DarkBART is the third Large Language Model (LLM) designed for nefarious purposes. Supposedly, it’s still in development, as it doesn’t seem available at the moment. It derives its name from Google Bard — a generative chatbot based on LaMDA — and is promised to be compatible with Google Lens. It means that the newer iteration of malicious GenAI will be able to integrate images into its content.

DarkBART should not be mistaken with DarkBERT — a completely different model designed for tackling cybercrime through discovering new scam techniques early on. However, DarkBART’s author claimed that they have access to DarkBERT, which can be obtained through a specialized academic email only.

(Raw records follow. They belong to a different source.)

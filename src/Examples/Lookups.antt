-- ===== src/Examples/Lookups.antt =====
-- The setters of internal/connection/manager.go on a manager with two proxies.
use rapid_proxy.Prelude.{none, some, [], ◌∷◌, Map, Option}
use rapid_proxy.TokenBucket.{TokenBucket}

abbrev limiter : Option TokenBucket
limiter = some (record { capacity = 5; refill_rate = 5; tokens = 5; last_refill = 0 })

abbrev limiters : Map (Option TokenBucket)
limiters = ("http://c:8080", none) ∷ ("http://b:8080", limiter) ∷ []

An academic email can be easily bought for cybercrime purposes

Countermeasures

One of the dark web threads detected by DarkBERT

Apart from using AI text detectors, such as OpenAI Text Classifier and GPTZero, it is also important to raise awareness regarding GenAI attacks. This includes providing training and guidelines to both corporate staff and public servants, which explain how unknown emails or other text messages should be approached. In the long run, it will help mitigate the scam jeopardy.

Another anti-spoofing measure is employing email verification techniques. These can involve paying attention to lexical content of the unknown email, scanning it for such keywords as “urgent”, “money transfer”, “payment”, and so on. It’s also important to scrutinize the email address of the sender, IP-related data, etc.

A promising solution on fighting against cybercrime in general is the DarkBERT model. It’s partly based on RoBERTa, which serves as a base initialization model.

Trained on public dark web datasets DUTA and CoDa, DarkBERT can scan multiple darknet forums — something that requires a lot of time and effort if done manually. As a result, DarkBERT can outperform malicious actors by detecting the newest fraud techniques and reporting them to security specialists.